Collected data
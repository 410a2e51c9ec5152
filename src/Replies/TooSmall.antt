-- ===== src/Replies/TooSmall.antt =====
-- nfs3/allunix.go: Readdir with a count that has no room for the next entry.
use gonfs.Common.{
  ℕ, suc, zero, ◌+◌, ◌%◌, ◌^◌, ◌<◌, ◌≡◌, refl, ap, ◌∙◌, true, false, Text, List, [], ◌∷◌, Option,
  none, some, drop, arith, ltb,
}
use gonfs.Os.{Os, FileInfo}
use gonfs.Types.Status.{nfs3_ok}
use gonfs.Types.Reply.{ReaddirRes}
use gonfs.Prog.Run.{done, Server, run}
use gonfs.Prog.Settled.{Settled, Gives}
use gonfs.Backend.Base.{Backend, uint64}
use gonfs.Backend.ReadDir.{Reading, read_entries, entry_overhead, readdirresoksize, read_page}
use gonfs.Svc.{Request, Reply, serve}
use gonfs.Replies.Paging.{reading}
use gonfs.Replies.Directory.{Directory, all_entries}
use gonfs.Replies.Listing.{list_all, readdir_reply_of}

read_entries-too_small :
    (r : Reading) (i : ℕ) (d : FileInfo) (ds : List (Option FileInfo))
    → entry_overhead d.name < 2 ^ 31
    → r.max < readdirresoksize + entry_overhead d.name
    → read_entries r i readdirresoksize (some d ∷ ds) ≡ some ([], false)
unfolding read_entries
read_entries-too_small r i d ds low small = rw full refl
  where
    full : ltb r.max ((readdirresoksize + entry_overhead d.name) % 2 ^ 32) ≡ true
    full = ground arith

module _ (be : Backend) (os : Os) (ans : Settled) (g : Gives os ans) (dir : Text)
    (ds : List FileInfo) (d : Directory ans dir ds) (fh : Text) (h count : ℕ)
    (handle : uint64 fh ≡ some h) where
  abbrev there : Reading
  there = reading be dir (some d.here) (all_entries ans dir ds d) count

  -- In a directory that nobody changes, where the count has no room for the entry that is next, a
  -- Readdir is answered with NFS3_OK, no entry, and Eof false; and a client that goes on at the last
  -- cookie that it has does not come to the end, however many Readdirs it is given.
  pub list_all-too_small :
      (cookie : ℕ) (first : FileInfo) (rest : List (Option FileInfo)) (fuel : ℕ) (s : Server os)
      → s.handles h ≡ some dir
      → drop (cookie % 2 ^ 32) (all_entries ans dir ds d) ≡ some first ∷ rest
      → entry_overhead first.name < 2 ^ 31
      → count < readdirresoksize + entry_overhead first.name
      → ((t : Server os) × (r : ReaddirRes) × (run os (serve be (Request.readdir fh cookie count)) s
            ≡ (done (Reply.listed r), t))
          × (r.status ≡ nfs3_ok)
          × (r.entries ≡ [])
          × (r.eof ≡ false))
        × (list_all be os fh count fuel cookie s ≡ none)
  unfolding list_all read_page
  list_all-too_small cookie first rest fuel s at starts low small =
      let (t, ran, still) =
        readdir_reply_of be os ans g dir ds d fh h count handle cookie s [] false at page in
      ((t, _, ran, refl, refl, refl), turn fuel s at)
    where
      page :
          read_page be dir cookie count (some d.here) (all_entries ans dir ds d) ≡ some ([], false)
      page =
          ap (read_entries there (cookie % 2 ^ 32) readdirresoksize) starts
          ∙ read_entries-too_small there (cookie % 2 ^ 32) first rest low small

      turn :
          (n : ℕ) (t : Server os)
          → t.handles h ≡ some dir
          → list_all be os fh count n cookie t ≡ none
      turn zero t known = refl
      turn (suc n) t known =
          let (u, ran, still) =
            readdir_reply_of be os ans g dir ds d fh h count handle cookie t [] false known page in
          rw (ran, turn n u still) refl
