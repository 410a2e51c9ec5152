-- ===== src/Replies/Written.antt =====
-- nfs3/allunix.go: what Write says of the data that it was sent.
use gonfs.Common.{
  ℕ, zero, suc, ◌≤◌, ◌≡◌, refl, subst, Text, Option, none, some, true, length, arith,
}
use gonfs.Common.Int.{int64}
use gonfs.Os.{Os, Errno, OsError, write_at, close}
use gonfs.Types.Status.{is_ok}
use gonfs.Types.Attr.{PreOpAttr}
use gonfs.Types.Args.{StableHow}
use gonfs.Types.Reply.{WriteRes}
use gonfs.Prog.{ret, ◌>>◌, perform}
use gonfs.Prog.Run.{Handles, done, Server, run}
use gonfs.Prog.Ends.{
  Ends, Answers, Answering, Ended, Ends-run, Ends-bind, Ends-perform_bind, ends_rules,
}
use gonfs.Backend.Base.{Backend, put_uint64}
use gonfs.Backend.Io
use gonfs.Backend.Ends.{Ends-stat_path, Ends-post_attr}
use gonfs.Backend.Errors.{get_write_err}
use gonfs.Replies.Errors.{get_write_err-fails}
use gonfs.Replies.Named.{When, failed, taken}

-- What os.File.WriteAt documents: it writes all of the data, or fewer bytes and gives an error.
abbrev pub Writes : Answers
Writes (write_at fd bytes o) (n, e) = (n ≤ length bytes) × (e ≡ none → n ≡ length bytes)
Writes c r = Unit

-- A number of bytes written, of which there are none only where there was nothing to write.
abbrev pub IsProgress : Text → ℕ → Type 0
IsProgress bytes n = (n ≤ length bytes) × (n ≡ 0 → length bytes ≡ 0)

abbrev MayProgress : Text → ℕ → Option OsError → Type 0
MayProgress bytes n none = IsProgress bytes n
MayProgress bytes n (some e) = Unit

write_error-MayProgress :
    (bytes : Text) (n : ℕ) (e : Option OsError)
    → n ≤ length bytes
    → (e ≡ none → n ≡ length bytes)
    → MayProgress bytes n (Io.write_error n e)
write_error-MayProgress bytes zero none le all = (omega arith, λ h. omega (arith, all refl))
write_error-MayProgress bytes zero (some e) le all = tt
write_error-MayProgress bytes (suc n) e le all = (omega arith, λ h. absurd (omega arith))

module _ (be : Backend) (bytes : Text) where
  -- A reply with success counts progress, and carries the verifier of this run of the server.
  abbrev pub Progressed : WriteRes → Type 0
  Progressed r =
      When (is_ok r.status) (IsProgress bytes r.count × (r.verf ≡ put_uint64 be.server_start_time))

  write_failed : (e : Errno) (P : Type 0) → When (is_ok (get_write_err e)) P
  write_failed e P = failed _ P (get_write_err-fails e)

  close-Ends :
      (r : WriteRes) (fd : ℕ) (m : Handles)
      → Progressed r
      → Ends Writes (Unit {0}) (λ x k. Progressed x) (do perform (close fd); ret r) m
  close-Ends r fd m s = search ends_rules depth 8

  commit_level-Ends :
      (Q : StableHow → Handles → Type 0) (how : StableHow) (fd : ℕ) (m : Handles)
      → ((x : StableHow) → Q x m)
      → Ends Writes (Unit {0}) Q (Io.commit_level how fd) m
  unfolding Io.commit_level
  commit_level-Ends Q StableHow.unstable fd m q = search ends_rules depth 8
  commit_level-Ends Q _ fd m q = search ends_rules depth 8

  answer_write-Ends :
      (h : ℕ) (name : Text) (pre : PreOpAttr) (how : StableHow) (fd n : ℕ) (m : Handles)
      (e : Option OsError)
      → MayProgress bytes n e
      → Ends Writes
          (Unit {0})
          (λ r k. Ends Writes (Unit {0}) (λ x l. Progressed x) (do perform (close fd); ret r) k)
          (Io.answer_write be h name pre how fd n e)
          m
  answer_write-Ends h name pre how fd n m none p =
      search (ends_rules, Ends-post_attr, close-Ends, commit_level-Ends) depth 16
  answer_write-Ends h name pre how fd n m (some e) p =
      search (ends_rules, Ends-post_attr, close-Ends, write_failed) depth 12

  write_open-Ends :
      (h : ℕ) (name : Text) (pre : PreOpAttr) (offset : ℕ) (how : StableHow) (fd : ℕ) (m : Handles)
      → Ends Writes
          (Unit {0})
          (λ x k. Progressed x)
          (Io.write_open be h name pre offset how bytes fd)
          m
  unfolding Io.write_open
  write_open-Ends h name pre offset how fd m =
      Ends-perform_bind (write_at fd bytes (int64 offset)) _ (λ (n, e) d.
        Ends-bind _ _
          (answer_write-Ends h name pre how fd n m _ (write_error-MayProgress bytes n e d.0 d.1)))

  write-Ends :
      (h offset count : ℕ) (how : StableHow) (m : Handles)
      → Ends Writes (Unit {0}) (λ x k. Progressed x) (Io.write be h offset count how bytes) m
  unfolding Io.write
  write-Ends h offset count how m =
      search (ends_rules, Ends-stat_path, Ends-post_attr, write_open-Ends, write_failed) depth 24

  -- Where WriteAt answers as package os documents: a Write that succeeds counts at most the bytes of
  -- its data, and none only where there are none; its verifier is the start time of the server.
  pub write-IsProgress :
      (os : Os) (s t : Server os) (h offset count : ℕ) (how : StableHow) (r : WriteRes)
      → Answering os Writes (Unit {0}) (λ x k. Progressed x)
      → run os (Io.write be h offset count how bytes) s ≡ (done r, t)
      → is_ok r.status ≡ true
      → IsProgress bytes r.count × (r.verf ≡ put_uint64 be.server_start_time)
  write-IsProgress os s t h offset count how r answering e o = taken _ _ o (
      subst (Ended (Unit {0}) (λ x k. Progressed x)) e (
        Ends-run os Writes (Unit {0}) (λ x k. Progressed x) answering _ s
          (write-Ends h offset count how s.handles)))
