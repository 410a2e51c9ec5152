-- ===== src/Safety.antt =====
-- What a request does, whatever the operating system answers and the other requests do: the paths
-- that may be held and the calls that may be made, by the methods, the requests and a server of
-- interleaved requests; and the calls that each procedure makes, by its arguments.
pub mod Permitted
pub mod Methods
pub mod Open
pub mod Pairs
pub mod Makes
pub mod Changing
pub mod Reading
pub mod Asked
pub mod Serve
pub mod Interleave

→ YOUR ASSIGNMENT
Where the string "PreOpAttr" turns up in a line of the data above, copy that whole line.

→ ANSWER TO THIS PROBLEM
use gonfs.Types.Attr.{PreOpAttr}
      (h : ℕ) (name : Text) (pre : PreOpAttr) (how : StableHow) (fd n : ℕ) (m : Handles)
      (h : ℕ) (name : Text) (pre : PreOpAttr) (offset : ℕ) (how : StableHow) (fd : ℕ) (m : Handles)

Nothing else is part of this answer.